The creator seems to be discussing testosterone levels, possibly referencing a lab result or a dosage figure. There's a reference to "total testosterone" buried in the phonetic mess, and the hashtag category confirms this is TRT content. But without a decipherable argument, we're essentially fact-checking a Rorschach test. That's a problem for viewers trying to make real health decisions based on what they watch.

Does the science back this up?

There's nothing coherent enough here to either support or refute with literature. However, since this video sits in the TRT category and mentions numbers that could plausibly reference testosterone levels or dosages, it's worth grounding the science in what we actually know.

Normal total testosterone in adult men ranges from roughly 300 to 1000 ng/dL, according to the American Urological Association's 2018 guidelines. Hypogonadism is clinically defined as consistently below 300 ng/dL combined with symptoms. Saad et al. (2011, Journal of Sexual Medicine) found that TRT in genuinely hypogonadal men improved energy, mood, and libido over 12 months. But "optimization" in otherwise healthy men is a grayer area. A 2023 NEJM trial by Lincoff et al. found TRT was non-inferior to placebo for cardiovascular events in men with hypogonadism, which is reassuring, but the study wasn't designed to validate hormone optimization in men with normal levels.

What did they get wrong (or right)?

We can't credit or fault the creator for specific medical claims because no specific medical claim was coherently made. What we can say is this: if the video intended to communicate something meaningful about testosterone targets or dosing, it failed completely. Viewers got noise, not information.

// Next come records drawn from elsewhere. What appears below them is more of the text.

-- ===== src/Engine/Wait.antt =====
-- `HITLEngine.wait`: the loop of polls and sleeps. A sleep is a change of the world: the clock
-- moves, and other tasks run. The bound is in whole seconds, as the tool passes it.
use nodus_hitl_hub.Base.{
  Bool, Option, String, [], concat, false, if◌then◌else◌, ltb, none, some, suc, true, zero, ℕ, ◌∷◌,
}
use nodus_hitl_hub.Base.Int.{ℤ}
use nodus_hitl_hub.Host.{Host}
use nodus_hitl_hub.Json.Print.{decimal}
use nodus_hitl_hub.Models.Event.{HitlEvent, add_seconds}
use nodus_hitl_hub.Models.Hitl.{
  HitlResponse, HitlStatus, error, expired, is_decided, respond, respond_error, timeout,
}
use nodus_hitl_hub.Repository.{get_event}
use nodus_hitl_hub.World.{World}
use nodus_hitl_hub.World.Exec.{Exec, gets, lift, modify, pure, ◌>>=◌, ◌>>◌}

-- `f"{max_wait}"` of the float with this value. A bound of 10 ^ 16 seconds overflows before it is
-- printed.
unfoldable pub seconds_text : ℤ → String
seconds_text max_wait = concat (decimal max_wait ∷ ".0" ∷ [])

abbrev pub timed_out : String → ℤ → HitlResponse
timed_out id max_wait =
    respond_error (some id) timeout (concat ("Timeout after " ∷ seconds_text max_wait ∷ "s" ∷ []))

abbrev pub not_found : String → HitlResponse
not_found id = respond_error (some id) error "Confirmation not found"

abbrev pub has_expired : String → HitlResponse
has_expired id = respond_error (some id) timeout "Confirmation expired"

abbrev pub decision : String → HitlEvent → HitlResponse
decision id e = record (respond (some id) e.status) {
  response = some e.payload;
  confirmed_at = e.resolved_at;
}

abbrev pub is_expired : HitlStatus → Bool
is_expired expired = true
is_expired _ = false

-- The body of the loop on what it read: an answer, or another round.
unfoldable pub verdict_on : String → Option HitlEvent → Option HitlResponse
verdict_on id none = some (not_found id)
verdict_on id (some e) =
    if is_decided e.status
    then some (decision id e)
    else if is_expired e.status
    then some (has_expired id)
    else none

module _ (host : Host) (sleep : World → World) (id : String) (max_wait : ℤ) where
  -- The loop, `none` where the fuel is out.
  unfoldable pub wait_loop : ℕ → ℕ → Exec (Option HitlResponse)
  wait_loop zero deadline = pure none
  wait_loop (suc fuel) deadline = do
    now ← gets (λ w. w.now)
    let go_on = (do
      event ← get_event host id
      (elim (verdict_on id event) [
        | some answer ↦ pure (some answer)
        | none ↦ do modify sleep; wait_loop fuel deadline
      ]))
    (if ltb now deadline then go_on else pure (some (timed_out id max_wait)))

  unfoldable pub wait : ℕ → Exec (Option HitlResponse)
  wait fuel = do
    now ← gets (λ w. w.now)
    deadline ← lift (add_seconds now max_wait)
    wait_loop fuel deadline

If the number "160" refers to a testosterone level in ng/dL, that would genuinely be low and could support a TRT conversation with a physician. If it refers to a milligram dose of testosterone cypionate, that's on the higher end of typical starting doses (50 to 100 mg weekly is common in clinical practice) and would need context that simply isn't here. Bhasin et al. (2010, NEJM) showed dose-dependent effects of testosterone, meaning the number matters enormously and should never be thrown out without context. Doing so, even accidentally through incoherence, is irresponsible.

What should you actually know?

TRT is a legitimate, well-studied treatment for hypogonadism. It is not a performance hack to be self-prescribed based on a TikTok video you can barely understand. Here's what the evidence actually says.

  • Diagnosis requires two morning total testosterone draws below 300 ng/dL plus clinical symptoms, per Endocrine Society guidelines (Bhasin et al., 2010).
  • Formulation matters. Gels, injections, and pellets have different absorption profiles and side effect patterns. They are not interchangeable without clinical judgment.
  • Hematocrit elevation is a real risk. TRT increases red blood cell production, and unchecked, that raises clotting risk. Regular monitoring is not optional.
  • Fertility suppression is near-certain on TRT. The hypothalamic-pituitary axis shuts down endogenous production, which means sperm counts drop, often significantly.
  • "Super levels" are not a goal. Supraphysiologic testosterone is associated with increased cardiovascular strain and is outside the scope of legitimate TRT as defined by any major medical society.

The bottom line

This video should not inform any health decision. The content is indecipherable, the claims are unextractable, and the format, a green screen TikTok with no clear sourcing, is not a substitute for a clinical evaluation. If you're curious about your testosterone levels, get a blood panel ordered by a licensed provider. FormBlends and similar regulated telehealth platforms exist precisely because the alternative is taking medical cues from videos like this one.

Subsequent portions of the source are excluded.